* Provided entries:
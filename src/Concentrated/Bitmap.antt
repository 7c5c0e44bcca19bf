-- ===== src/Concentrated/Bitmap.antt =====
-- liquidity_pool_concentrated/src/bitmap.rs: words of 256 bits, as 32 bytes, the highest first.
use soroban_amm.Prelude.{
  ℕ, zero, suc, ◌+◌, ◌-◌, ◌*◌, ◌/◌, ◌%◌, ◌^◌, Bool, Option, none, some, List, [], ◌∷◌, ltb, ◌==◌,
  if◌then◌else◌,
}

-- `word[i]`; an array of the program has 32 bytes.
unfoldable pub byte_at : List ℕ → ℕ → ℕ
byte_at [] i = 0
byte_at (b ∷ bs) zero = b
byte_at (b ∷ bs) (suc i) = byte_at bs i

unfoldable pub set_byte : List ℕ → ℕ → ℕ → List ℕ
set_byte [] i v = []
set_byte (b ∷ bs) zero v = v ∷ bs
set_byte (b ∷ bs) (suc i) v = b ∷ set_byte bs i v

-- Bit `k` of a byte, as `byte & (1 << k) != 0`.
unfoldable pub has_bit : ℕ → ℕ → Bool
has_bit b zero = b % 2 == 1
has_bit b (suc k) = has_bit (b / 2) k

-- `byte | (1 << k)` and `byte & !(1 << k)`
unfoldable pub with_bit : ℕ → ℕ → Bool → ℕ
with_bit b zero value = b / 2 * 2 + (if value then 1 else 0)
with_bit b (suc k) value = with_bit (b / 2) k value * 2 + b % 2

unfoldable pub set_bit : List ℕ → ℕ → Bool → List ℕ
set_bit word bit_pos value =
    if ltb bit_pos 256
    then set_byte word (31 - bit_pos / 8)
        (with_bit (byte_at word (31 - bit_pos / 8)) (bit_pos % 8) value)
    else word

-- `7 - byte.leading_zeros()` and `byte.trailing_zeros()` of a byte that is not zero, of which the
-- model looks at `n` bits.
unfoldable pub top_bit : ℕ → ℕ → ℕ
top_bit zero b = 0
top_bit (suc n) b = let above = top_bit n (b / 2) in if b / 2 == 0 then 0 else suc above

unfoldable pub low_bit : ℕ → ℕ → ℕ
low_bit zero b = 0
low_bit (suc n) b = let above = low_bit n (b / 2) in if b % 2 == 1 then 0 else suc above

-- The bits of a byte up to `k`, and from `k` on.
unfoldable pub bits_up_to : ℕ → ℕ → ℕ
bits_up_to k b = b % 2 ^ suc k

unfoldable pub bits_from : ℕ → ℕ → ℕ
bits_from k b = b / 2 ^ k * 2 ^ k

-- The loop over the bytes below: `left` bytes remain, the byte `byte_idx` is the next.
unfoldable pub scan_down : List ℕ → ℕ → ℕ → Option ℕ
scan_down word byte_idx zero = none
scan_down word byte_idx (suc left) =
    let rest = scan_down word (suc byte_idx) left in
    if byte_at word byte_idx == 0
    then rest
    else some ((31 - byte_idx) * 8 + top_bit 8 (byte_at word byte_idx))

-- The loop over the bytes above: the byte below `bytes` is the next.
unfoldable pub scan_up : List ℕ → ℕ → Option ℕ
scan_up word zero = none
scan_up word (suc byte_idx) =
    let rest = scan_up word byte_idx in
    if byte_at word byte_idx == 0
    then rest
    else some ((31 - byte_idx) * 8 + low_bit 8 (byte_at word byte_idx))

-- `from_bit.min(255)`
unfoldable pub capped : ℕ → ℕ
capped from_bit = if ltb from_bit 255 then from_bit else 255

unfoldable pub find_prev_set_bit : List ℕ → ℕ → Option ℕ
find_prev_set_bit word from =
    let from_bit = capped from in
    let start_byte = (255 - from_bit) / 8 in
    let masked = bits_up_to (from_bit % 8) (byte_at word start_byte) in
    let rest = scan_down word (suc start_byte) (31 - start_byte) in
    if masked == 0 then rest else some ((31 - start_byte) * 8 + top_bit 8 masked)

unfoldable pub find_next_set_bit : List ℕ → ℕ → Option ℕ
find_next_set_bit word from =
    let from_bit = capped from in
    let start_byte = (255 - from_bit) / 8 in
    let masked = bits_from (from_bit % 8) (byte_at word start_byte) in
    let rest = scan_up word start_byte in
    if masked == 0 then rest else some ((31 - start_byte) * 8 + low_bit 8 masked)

* * *

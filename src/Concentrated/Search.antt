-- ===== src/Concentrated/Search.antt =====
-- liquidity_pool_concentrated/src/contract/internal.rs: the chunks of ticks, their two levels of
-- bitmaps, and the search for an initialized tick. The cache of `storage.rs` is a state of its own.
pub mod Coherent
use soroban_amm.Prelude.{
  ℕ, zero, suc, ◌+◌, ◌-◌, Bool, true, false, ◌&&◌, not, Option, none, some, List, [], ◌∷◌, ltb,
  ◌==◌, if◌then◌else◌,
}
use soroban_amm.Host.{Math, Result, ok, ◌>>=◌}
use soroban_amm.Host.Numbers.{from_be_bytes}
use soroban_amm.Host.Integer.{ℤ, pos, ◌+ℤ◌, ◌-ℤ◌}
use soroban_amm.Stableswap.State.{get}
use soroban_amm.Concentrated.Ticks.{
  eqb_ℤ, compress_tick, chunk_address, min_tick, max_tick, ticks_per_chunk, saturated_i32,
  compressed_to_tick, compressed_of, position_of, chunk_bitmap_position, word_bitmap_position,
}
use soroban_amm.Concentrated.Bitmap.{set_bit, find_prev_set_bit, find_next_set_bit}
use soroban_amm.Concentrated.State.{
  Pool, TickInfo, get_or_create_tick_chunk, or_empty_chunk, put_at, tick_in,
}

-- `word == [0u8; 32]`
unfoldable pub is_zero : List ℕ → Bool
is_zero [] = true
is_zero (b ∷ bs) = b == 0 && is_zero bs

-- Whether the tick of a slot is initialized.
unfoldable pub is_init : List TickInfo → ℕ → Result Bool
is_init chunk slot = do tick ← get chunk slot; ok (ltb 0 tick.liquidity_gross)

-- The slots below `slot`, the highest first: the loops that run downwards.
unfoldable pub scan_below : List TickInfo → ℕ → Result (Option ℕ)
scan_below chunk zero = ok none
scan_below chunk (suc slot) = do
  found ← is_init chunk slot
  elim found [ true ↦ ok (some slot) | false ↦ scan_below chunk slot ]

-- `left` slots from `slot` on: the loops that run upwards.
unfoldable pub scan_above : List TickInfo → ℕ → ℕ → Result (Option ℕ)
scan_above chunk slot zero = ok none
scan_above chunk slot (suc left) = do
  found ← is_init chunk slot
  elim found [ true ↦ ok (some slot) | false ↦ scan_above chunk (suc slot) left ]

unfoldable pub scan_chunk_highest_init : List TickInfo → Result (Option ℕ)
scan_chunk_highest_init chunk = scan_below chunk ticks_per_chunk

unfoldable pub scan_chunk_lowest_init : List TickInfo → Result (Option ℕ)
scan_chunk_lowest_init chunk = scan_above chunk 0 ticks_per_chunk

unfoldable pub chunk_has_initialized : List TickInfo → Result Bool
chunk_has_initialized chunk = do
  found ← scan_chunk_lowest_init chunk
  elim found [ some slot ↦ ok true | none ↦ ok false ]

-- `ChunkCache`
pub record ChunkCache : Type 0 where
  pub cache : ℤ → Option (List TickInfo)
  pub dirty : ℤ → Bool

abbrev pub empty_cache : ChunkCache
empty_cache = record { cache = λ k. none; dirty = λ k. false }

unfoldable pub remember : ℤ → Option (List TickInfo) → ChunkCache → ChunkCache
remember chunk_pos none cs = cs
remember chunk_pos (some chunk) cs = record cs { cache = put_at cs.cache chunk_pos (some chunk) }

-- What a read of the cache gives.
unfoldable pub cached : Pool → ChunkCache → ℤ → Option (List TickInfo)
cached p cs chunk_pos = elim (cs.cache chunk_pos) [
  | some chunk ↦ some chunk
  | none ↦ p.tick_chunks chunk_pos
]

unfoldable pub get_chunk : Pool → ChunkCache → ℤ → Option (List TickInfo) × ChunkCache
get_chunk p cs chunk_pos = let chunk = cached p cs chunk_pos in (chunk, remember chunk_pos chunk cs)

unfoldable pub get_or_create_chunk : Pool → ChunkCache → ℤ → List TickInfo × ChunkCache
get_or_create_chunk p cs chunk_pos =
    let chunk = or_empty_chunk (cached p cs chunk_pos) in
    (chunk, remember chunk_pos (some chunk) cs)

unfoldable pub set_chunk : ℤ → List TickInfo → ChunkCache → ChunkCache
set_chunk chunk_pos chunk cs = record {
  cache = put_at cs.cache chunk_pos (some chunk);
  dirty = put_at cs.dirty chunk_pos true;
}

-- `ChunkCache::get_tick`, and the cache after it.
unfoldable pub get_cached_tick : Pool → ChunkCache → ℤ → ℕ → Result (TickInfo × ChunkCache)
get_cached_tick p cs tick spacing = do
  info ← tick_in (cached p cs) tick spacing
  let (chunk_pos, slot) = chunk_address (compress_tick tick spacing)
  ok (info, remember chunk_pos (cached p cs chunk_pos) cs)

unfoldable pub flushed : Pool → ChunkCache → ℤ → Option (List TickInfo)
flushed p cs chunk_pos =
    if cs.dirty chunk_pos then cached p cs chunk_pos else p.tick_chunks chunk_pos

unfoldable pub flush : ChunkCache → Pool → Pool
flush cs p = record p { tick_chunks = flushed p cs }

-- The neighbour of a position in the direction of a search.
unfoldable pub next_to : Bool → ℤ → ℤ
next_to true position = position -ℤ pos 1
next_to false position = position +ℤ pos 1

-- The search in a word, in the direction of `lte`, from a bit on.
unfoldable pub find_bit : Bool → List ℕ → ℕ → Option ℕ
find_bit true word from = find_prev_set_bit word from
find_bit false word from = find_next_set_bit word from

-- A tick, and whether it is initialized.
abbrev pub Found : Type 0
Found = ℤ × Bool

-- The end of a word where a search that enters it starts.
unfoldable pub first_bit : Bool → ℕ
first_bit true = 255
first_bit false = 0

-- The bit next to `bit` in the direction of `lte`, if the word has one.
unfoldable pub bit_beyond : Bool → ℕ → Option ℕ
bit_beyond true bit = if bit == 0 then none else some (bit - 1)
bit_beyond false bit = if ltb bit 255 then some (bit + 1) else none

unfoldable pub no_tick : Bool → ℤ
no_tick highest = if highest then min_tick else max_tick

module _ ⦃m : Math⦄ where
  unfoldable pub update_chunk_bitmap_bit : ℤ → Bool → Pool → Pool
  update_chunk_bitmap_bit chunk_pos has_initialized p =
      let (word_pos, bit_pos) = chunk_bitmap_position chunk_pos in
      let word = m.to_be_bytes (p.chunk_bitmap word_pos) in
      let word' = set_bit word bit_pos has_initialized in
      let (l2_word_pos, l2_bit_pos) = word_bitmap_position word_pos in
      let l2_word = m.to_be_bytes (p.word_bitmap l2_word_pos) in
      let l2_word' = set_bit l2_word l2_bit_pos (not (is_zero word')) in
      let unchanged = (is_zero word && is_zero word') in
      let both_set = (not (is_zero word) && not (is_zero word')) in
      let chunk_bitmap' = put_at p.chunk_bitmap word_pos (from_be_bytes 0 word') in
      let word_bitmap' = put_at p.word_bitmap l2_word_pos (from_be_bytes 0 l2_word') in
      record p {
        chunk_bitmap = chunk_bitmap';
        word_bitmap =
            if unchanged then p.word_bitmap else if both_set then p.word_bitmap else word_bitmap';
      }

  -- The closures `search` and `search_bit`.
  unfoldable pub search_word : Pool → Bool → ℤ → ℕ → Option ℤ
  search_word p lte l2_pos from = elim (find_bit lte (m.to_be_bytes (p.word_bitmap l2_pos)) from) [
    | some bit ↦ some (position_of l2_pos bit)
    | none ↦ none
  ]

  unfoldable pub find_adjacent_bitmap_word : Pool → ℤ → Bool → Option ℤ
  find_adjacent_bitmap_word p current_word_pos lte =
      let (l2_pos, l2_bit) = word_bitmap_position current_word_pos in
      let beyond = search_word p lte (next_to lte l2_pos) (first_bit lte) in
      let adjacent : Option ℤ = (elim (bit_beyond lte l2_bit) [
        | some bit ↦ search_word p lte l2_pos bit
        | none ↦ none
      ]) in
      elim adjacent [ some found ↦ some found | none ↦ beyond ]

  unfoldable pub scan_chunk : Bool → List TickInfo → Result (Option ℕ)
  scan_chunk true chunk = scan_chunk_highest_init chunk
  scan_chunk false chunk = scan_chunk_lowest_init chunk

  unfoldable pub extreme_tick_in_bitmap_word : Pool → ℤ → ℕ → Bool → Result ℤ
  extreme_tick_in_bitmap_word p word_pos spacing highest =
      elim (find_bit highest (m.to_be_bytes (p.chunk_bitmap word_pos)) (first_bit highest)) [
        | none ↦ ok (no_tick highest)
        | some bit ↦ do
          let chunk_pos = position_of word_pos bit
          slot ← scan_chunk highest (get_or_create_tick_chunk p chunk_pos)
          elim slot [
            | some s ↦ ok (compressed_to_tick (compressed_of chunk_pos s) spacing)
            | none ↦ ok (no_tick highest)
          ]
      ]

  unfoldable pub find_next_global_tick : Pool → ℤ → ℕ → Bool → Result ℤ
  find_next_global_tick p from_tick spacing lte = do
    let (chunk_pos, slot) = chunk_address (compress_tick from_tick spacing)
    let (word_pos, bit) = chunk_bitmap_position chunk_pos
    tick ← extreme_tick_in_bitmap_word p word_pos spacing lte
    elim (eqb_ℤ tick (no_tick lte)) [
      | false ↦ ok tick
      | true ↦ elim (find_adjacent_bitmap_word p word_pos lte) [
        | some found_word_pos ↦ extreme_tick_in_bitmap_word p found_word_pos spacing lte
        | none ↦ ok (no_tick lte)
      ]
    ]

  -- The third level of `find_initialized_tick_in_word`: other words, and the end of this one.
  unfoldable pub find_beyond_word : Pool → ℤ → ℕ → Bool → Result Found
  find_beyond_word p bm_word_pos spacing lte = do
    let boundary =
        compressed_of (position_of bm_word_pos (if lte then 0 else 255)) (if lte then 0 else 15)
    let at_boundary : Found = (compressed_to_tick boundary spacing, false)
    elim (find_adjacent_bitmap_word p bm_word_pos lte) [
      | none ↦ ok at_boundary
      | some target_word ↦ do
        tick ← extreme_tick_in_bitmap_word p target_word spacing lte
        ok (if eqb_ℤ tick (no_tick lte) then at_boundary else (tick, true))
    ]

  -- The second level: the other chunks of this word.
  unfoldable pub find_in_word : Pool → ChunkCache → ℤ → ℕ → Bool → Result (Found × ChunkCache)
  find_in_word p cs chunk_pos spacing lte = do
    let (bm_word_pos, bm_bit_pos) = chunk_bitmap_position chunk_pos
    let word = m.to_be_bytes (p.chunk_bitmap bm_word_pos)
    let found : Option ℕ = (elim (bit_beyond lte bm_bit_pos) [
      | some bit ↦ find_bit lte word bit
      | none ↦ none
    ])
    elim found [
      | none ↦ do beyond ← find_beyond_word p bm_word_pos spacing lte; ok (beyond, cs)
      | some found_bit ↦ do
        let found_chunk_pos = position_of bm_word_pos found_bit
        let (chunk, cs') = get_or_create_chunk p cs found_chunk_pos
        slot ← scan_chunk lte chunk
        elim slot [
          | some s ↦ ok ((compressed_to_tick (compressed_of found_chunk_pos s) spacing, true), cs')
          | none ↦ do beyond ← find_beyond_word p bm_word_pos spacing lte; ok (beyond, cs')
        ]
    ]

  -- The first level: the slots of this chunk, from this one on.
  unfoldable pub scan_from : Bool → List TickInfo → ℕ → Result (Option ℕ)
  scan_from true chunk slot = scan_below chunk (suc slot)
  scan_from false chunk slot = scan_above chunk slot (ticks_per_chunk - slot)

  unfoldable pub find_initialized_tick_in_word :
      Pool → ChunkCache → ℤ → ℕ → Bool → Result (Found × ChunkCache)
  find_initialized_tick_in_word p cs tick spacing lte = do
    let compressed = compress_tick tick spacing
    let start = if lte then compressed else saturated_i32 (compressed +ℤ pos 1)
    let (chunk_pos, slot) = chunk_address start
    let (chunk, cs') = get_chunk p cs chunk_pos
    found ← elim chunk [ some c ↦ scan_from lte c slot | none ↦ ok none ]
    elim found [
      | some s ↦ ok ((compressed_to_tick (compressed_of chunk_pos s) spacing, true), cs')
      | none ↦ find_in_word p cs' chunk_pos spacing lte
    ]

* Exercise:
Using the records above, write out exactly the lines between the one holding "filename src/Concentrated/Bitmap.antt" and the one holding "set_byte (b ∷ bs) zero v = v ∷ bs", inclusive; leave everything else out.

* Reply:
filename src/Concentrated/Bitmap.antt
repository 7c5c0e44bcca19bf
-- ===== src/Concentrated/Bitmap.antt =====
-- liquidity_pool_concentrated/src/bitmap.rs: words of 256 bits, as 32 bytes, the highest first.
use soroban_amm.Prelude.{
  ℕ, zero, suc, ◌+◌, ◌-◌, ◌*◌, ◌/◌, ◌%◌, ◌^◌, Bool, Option, none, some, List, [], ◌∷◌, ltb, ◌==◌,
  if◌then◌else◌,
}

-- `word[i]`; an array of the program has 32 bytes.
unfoldable pub byte_at : List ℕ → ℕ → ℕ
byte_at [] i = 0
byte_at (b ∷ bs) zero = b
byte_at (b ∷ bs) (suc i) = byte_at bs i

unfoldable pub set_byte : List ℕ → ℕ → ℕ → List ℕ
set_byte [] i v = []
set_byte (b ∷ bs) zero v = v ∷ bs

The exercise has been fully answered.